When God, so to speak, only passes by us, through some temporary taste of His presence, it is a favour which He may also impart to sinners. But that He may make His abode in us, as He promises in so many passages of Holy Scripture, that He may be willing to remain with us and in us, for that there is demanded great purity in every respect.—Berlenberger Bible.

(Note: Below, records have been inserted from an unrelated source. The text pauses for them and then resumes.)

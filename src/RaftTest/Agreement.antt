-- ===== src/RaftTest/Agreement.antt =====
-- `one` and `wait` of src/raft1/test.go: submit a command, and wait until enough servers have it.
-- The clock and the servers go on by themselves: a list has the states that the loop meets until
-- its time is over.
pub mod Reached
use pluggable_sharded_fault.Base.{
  ℕ, zero, suc, ◌+◌, ◌%◌, ◌≤◌, ◌<◌, ◌≡◌, ◌≢◌, refl, Bool, true, false, ◌&&◌, not, Option, none,
  some, List, [], ◌∷◌, ℤ, pos, minus_one, lookup, arith, ltb, leb, ltb_ℤ, eqb_ℤ, eqb_ℤ_iff,
  if◌then◌else◌, Outcome, ok, panic, fatal, get_elem?, length, int_eq, ◌==◌, Option-cases,
  Outcome-cases, Bool-cases, inl, inr, ◌⊎◌,
}
use mathlib.Core.Path.{subst, sym}
use pluggable_sharded_fault.Raft.Peer.{Raft, get_state, start as raft_start}
use pluggable_sharded_fault.RaftTest.Logs.{
  Command, command_eq, same_command_iff, Rfsrv, Test, rfsrv_logs, n_committed_from, n_committed,
}

-- The states of one round of `one`: where it looks for a leader, and where it polls.
pub record Attempt : Type 0 where
  pub connected : ℕ → Bool
  pub at : Test
  pub polls : List Test

-- The Raft of a server, as the round at server `s` finds it
unfoldable pub raft_at : Attempt → ℕ → Option Raft
raft_at a s =
    if a.connected s then elim (get_elem? a.at.srvs s) [ none ↦ none | some rs ↦ rs.raft ] else none

-- Whether a poll saw the command committed by enough servers
unfoldable pub poll : ℕ → ℕ → ℤ → List Test → Outcome Bool
poll cmd expected index [] = ok false
poll cmd expected index (ts ∷ polls) = elim (n_committed index ts) [
  | ok (nd, cmd1) ↦
      if ltb 0 nd && leb expected nd && cmd1 == some cmd
      then ok true
      else poll cmd expected index polls
  | _ ↦ fatal
]

-- `Start` is that of the Raft that is plugged in, `raftapi.Raft`.
module _ (start : ℕ → Raft → ℤ × ℤ × Bool) where
  -- The loop over the servers: where it stops, and the index, -1 when nobody took the command
  unfoldable pub find_start : ℕ → ℕ → ℕ → Attempt → ℕ × ℤ
  find_start cmd zero starts a = (starts, minus_one)
  find_start cmd (suc left) starts a =
      let next = (starts + 1) % length a.at.srvs in
      let rest = find_start cmd left next a in
      elim (raft_at a next) [
        | none ↦ rest
        | some rf ↦ if (start cmd rf).2 then (next, (start cmd rf).0) else rest
      ]

  unfoldable pub one_from : ℕ → ℕ → Bool → Bool → ℕ → List Attempt → Outcome ℤ
  one_from cmd expected retry finished starts [] = if finished then ok minus_one else fatal
  one_from cmd expected retry finished starts (a ∷ rest) =
      let found = find_start cmd (length a.at.srvs) starts a in
      let again = one_from cmd expected retry finished found.0 rest in
      if eqb_ℤ found.1 minus_one then again else elim (poll cmd expected found.1 a.polls) [
        | ok true ↦ ok found.1
        | ok false ↦ if retry then again else fatal
        | _ ↦ fatal
      ]

  -- `finished` is `checkFinished` after the last round.
  unfoldable pub one : ℕ → ℕ → Bool → Bool → List Attempt → Outcome ℤ
  one cmd expected retry finished attempts = one_from cmd expected retry finished 0 attempts

-- `wait` returns -1 when a server moved on to a later term.
pub data Waited : Type 0 where
  moved_on : Waited
  decided : Command → Waited

unfoldable pub has_moved : ℤ → List Rfsrv → Outcome Bool
has_moved start_term [] = ok false
has_moved start_term (rs ∷ srvs) = elim rs.raft [
  | none ↦ panic
  | some rf ↦ if ltb_ℤ start_term (get_state rf).0 then ok true else has_moved start_term srvs
]

unfoldable pub decide : ℤ → ℕ → Test → Outcome Waited
decide index n ts = elim (n_committed index ts) [
  | ok (nd, cmd) ↦ if ltb nd n then fatal else ok (decided cmd)
  | _ ↦ fatal
]

-- The servers at a poll, and at the reading of the terms after it
unfoldable pub wait_from : ℕ → ℤ → ℕ → ℤ → (ℕ → Test × Test) → Test → Outcome Waited
wait_from zero index n start_term polls last = decide index n last
wait_from (suc left) index n start_term polls last =
    let rest = wait_from left index n start_term (λ i. polls (suc i)) last in
    elim (n_committed index (polls 0).0) [
      | ok (nd, cmd) ↦
          if leb n nd
          then decide index n last
          else (if ltb_ℤ minus_one start_term
              then elim (has_moved start_term (polls 0).1.srvs) [
                | ok true ↦ ok moved_on
                | ok false ↦ rest
                | panic ↦ panic
                | _ ↦ fatal
              ]
              else rest)
      | _ ↦ fatal
    ]

-- `last` is the state after the loop, which goes round at most 30 times.
unfoldable pub wait : ℤ → ℕ → ℤ → (ℕ → Test × Test) → Test → Outcome Waited
wait index n start_term polls last = wait_from 30 index n start_term polls last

The attribute of holiness is, to our own apprehension, so essential to the mere idea of God—is in itself so obvious and self-evident, that we may at times be inclined to wonder at the frequency with which it is stated and enforced in the Scriptures. But the view of the Divine character out of which this feeling arises, is itself the creation of those scriptural declarations on the subject; and the formation of this high conception of God was the use they were designed to serve, and which we thus find that they have served. It may also be remembered, that to the Hebrews the enforcement of this doctrine was of an importance which it is scarcely in our power to understand or appreciate fully. The surrounding heathen—indeed all the heathen, had very different and inferior notions of the gods they served. Holiness was not their attribute. They were very capable of sin; and the choice of good in preference to evil was not essential to their nature. These were above men in their essence and in their sovereign powers; but in character they were men, and not always good men. There was no one attribute by which Jehovah was so pointedly distinguished from the gods of the nations as by this. Its maintenance, its constant assertion, was therefore of the utmost importance among a people whose tendencies so often were to merge the worship of their own Lord in that of the neighbouring idols. This attribute set a great gulf between them which could not be overpassed so long as its presence was constantly kept before the mind of the people … There was another and more general use in it, in which we share the benefit with them. It is a check to sin, and an incitement to righteousness. It seems impossible for anyone to realise a clear and distinct idea of the holiness of God—that sin, that whatever defiles, is abhorrent to His pure and holy nature, without hearing His voice crying unto us—“O, do not that abominable thing which I hate.”.… Instead of imitating the ignorant Bethshemites, in putting away the ark of God from us, because we cannot stand before His holiness, let us rather strive after assimilation to Him, that we may be enabled to keep the ark among us.—Kitto.